I’m emotionally hurting, right now, so what I say might not come out right. But I feel I need to document what’s happening. My sons life has just been upheaved – I know it’s my fault, and I know that one day he might hate me for what’s happening right now. So one day I want him to know that as much as I may have hurt him because of this, I want him to know how much I love him. I want him to know that this isn’t what I wanted. I never wanted to be a disappointment. I never wanted to be so incompetent. I don’t want to be a hoarder. Some people must think: If you loved your son you’d just tidy up. I wish I could “just” tidy up. But I don’t live like this because I want to! Nobody would choose this. If it was as easy as people say, if it was just a case of not being messy, I would have no problem. If it was as easy as that, I wouldn’t be in this situation. This hoarding problem has been a disgusting weight holding me down and chained to me for as long as it started getting really bad. When I lived with my sons father I had him around to throw things away and keep the house in check – he thought I was messy and lazy… it was one of our biggest relationship problems. Maybe if I was just messy and lazy this wouldn’t be such a big problem. Maybe things would be a lot easier.

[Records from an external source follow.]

-- ===== src/Payment/Intents/Examined.antt =====
-- What a payment request has found when it begins to write (services/payment_executor/intents.py).
use mathlib.Core.Path.{subst}
use pactra.Base.{
  Text, Moment, ℕ, ◌≡◌, refl, ◌∙◌, false, not, ◌&&◌, Option, none, some, ◌==◌, find, arith, is_none,
}
use pactra.Action.{Action, ok, gets-ok, raise_if-ok, raise_if_ne-ok, or_raise-ok, pure-ok}
use pactra.Action.Reads.{Reads, reads_rules, Reads-gets, Reads-or_raise, Reads-raise_if, >>=-read}
use pactra.Kernel.Authorization.Proof.{
  verify_authorization_for_payment, rebuild_bound_transaction, require_policy_scheme,
}
use pactra.Domain.{MissionState}
use pactra.Mission
use pactra.Kernel.Capability.{CapabilitySet, Capability, enforce_registered}
use pactra.Kernel.Transaction.{Crypto}
use pactra.Kernel.Authorization.Rows.{AuthorizationRow, has_id, AuthorizationStatus, Store}
use pactra.Kernel.Authorization.Binding.{Verified, verify_authorization_for_payment-Verified}
use pactra.Payment.Rows.{PaymentIntentRow}
use pactra.Payment.Tables.{Tables, is_mission}
use pactra.Payment.Intents.Create.{
  in_kernel, has_key, find_by_idempotency_key, expected_status, examine, Examined,
}

pub record Found (c : Crypto) (m a key : Text) (now : Moment) (t : Tables) (x : Examined)
    : Type 0 where
  pub held : find (has_id a) t.store.authorizations ≡ some x.authorization
  pub belongs : x.authorization.mission_id ≡ m
  pub looked_up : find (has_key key) t.intents ≡ x.existing
  pub mission : find (is_mission m) t.missions ≡ some x.mission
  pub ready :
      x.existing ≡ none → Mission.index x.mission.state ≡ Mission.index MissionState.authorized
  pub verified :
      Verified c x.authorization (expected_status x.existing a) now t.store.decisions x.transaction

-- A verification that returns has only read.
verify-Reads :
    (c : Crypto) (row : AuthorizationRow) (expected : AuthorizationStatus) (now : Moment)
    → Reads (verify_authorization_for_payment c row expected now)
unfolding verify_authorization_for_payment rebuild_bound_transaction require_policy_scheme
verify-Reads c row expected now = search reads_rules depth 14

in_kernel-Reads : {A : Type 0} (m : Action Store A) → Reads m → Reads (in_kernel m)
unfolding in_kernel
in_kernel-Reads m k = record { at = λ t a h. rw (k.at t.store a h) refl }

enforce-Reads :
    (caps : CapabilitySet) (k : Capability) → Reads {S = Tables} (enforce_registered caps k)
unfolding enforce_registered
enforce-Reads caps k = search reads_rules

find-Reads : (key : Text) → Reads (find_by_idempotency_key key)
unfolding find_by_idempotency_key
find-Reads key = search reads_rules

pub examine-Reads :
    (c : Crypto) (caps : CapabilitySet) (m a key : Text) (now : Moment)
    → Reads (examine c caps m a key now)
unfolding examine
examine-Reads c caps m a key now =
    search (reads_rules, enforce-Reads, find-Reads, in_kernel-Reads, verify-Reads) depth 16

ready :
    (o : Option PaymentIntentRow) (i j : ℕ) → is_none o && not (i == j) ≡ false → o ≡ none → i ≡ j
ready o i j h n = ground arith

in_kernel-ok :
    {A : Type 0} (m : Action Store A) (t : Tables) {a : A}
    → (in_kernel m t).0 ≡ ok a
    → (m t.store).0 ≡ ok a
unfolding in_kernel
in_kernel-ok m t h = h

find-ok :
    (key : Text) (t : Tables) {o : Option PaymentIntentRow}
    → (find_by_idempotency_key key t).0 ≡ ok o
    → find (has_key key) t.intents ≡ o
unfolding find_by_idempotency_key
find-ok key t h = gets-ok (λ u. find (has_key key) u.intents) t h

pub examine-Found :
    (c : Crypto) (caps : CapabilitySet) (m a key : Text) (now : Moment) (t : Tables) {x : Examined}
    → (examine c caps m a key now t).0 ≡ ok x
    → Found c m a key now t x
unfolding examine
examine-Found c caps m a key now t {x} h =
    let (_, r1, h1) = >>=-read _ _ t (enforce-Reads caps _) h in
    let (_, r2, h2) = >>=-read _ _ t (Reads-gets _) h1 in
    let (_, r3, h3) = >>=-read _ _ t (Reads-or_raise _ _) h2 in
    let (_, r4, h4) = >>=-read _ _ t (Reads-raise_if _ _) h3 in
    let (_, r5, h5) = >>=-read _ _ t (find-Reads key) h4 in
    let (_, r6, h6) = >>=-read _ _ t (Reads-gets _) h5 in
    let (_, r7, h7) = >>=-read _ _ t (Reads-or_raise _ _) h6 in
    let (_, r8, h8) = >>=-read _ _ t (Reads-raise_if _ _) h7 in
    let (_, r9, h9) = >>=-read _ _ t (in_kernel-Reads _ (verify-Reads c _ _ now)) h8 in
    subst (Found c m a key now t) (pure-ok _ t h9) (record {
      held = gets-ok (λ u. find (has_id a) u.store.authorizations) t r2 ∙ or_raise-ok _ _ t r3;
      belongs = raise_if_ne-ok _ _ _ t r4;
      looked_up = find-ok key t r5;
      mission = gets-ok (λ u. find (is_mission m) u.missions) t r6 ∙ or_raise-ok _ _ t r7;
      ready = ready _ _ _ (raise_if-ok _ _ t r8);
      verified = verify_authorization_for_payment-Verified c _ _ now t.store (in_kernel-ok _ t r9);
    })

Please don’t ever think for one second that I don’t know that this is all my own fault. But I can’t breathe without my son here. He wasn’t living in squalor, by the way, the main part of the house where my son and I spent all our time – sure, it isn’t pristine, but it’s acceptable by most people’s standards. Without my son here, it’s quiet. I can hear his laughter echoing in each empty room as I walk in. Everywhere I look, a constant reminder of my gorgeous little man. I’ve seen him for a couple of hours at least every day, outside of the home, since he’s been gone and I’m incredibly grateful for that. But when I come home, when I’m alone again, my heart continues to break further. Missing my son, it’s painful. The emotional pain is physical. I’m used to physical pain and I’m no wimp, but this is unbearable. I try to keep myself busy – cleaning the house, going for walks, talking to my friends, watching films. Anything that might stop me crying. I’m not wallowing in self-pity. I know this is all my own fault. But I need some help. I didn’t get this way because I’m mentally healthy and normal. I didn’t get this way because I’m just lazy. I am so sorry for everything I’ve caused. My son was a very happy and healthy little boy and I’ve caused him to be torn from his happy home and everything he knows. Thank goodness he has a good father. He loves his dad and sometimes stays overnight at his dad’s house, so thank goodness he’s not somewhere totally unknown. But I know he misses me. He misses his house – his home. It breaks my heart even more knowing that.

I am going to get better. I’m going to do everything I can to change. I’ve got a referral to the adult mental health team for my mental issues, and to the gastro clinic for my stomach, from my GP. I’ll listen and I’ll do whatever they say will help me get better. I’ll do anything it takes to get my son back. I’m going to start writing again. One of the things that helped me when I was younger was writing, and hopefully one day I can show my son what I was going through, and hopefully, if he’s in any doubt at all, he’ll be able to see how much I love him.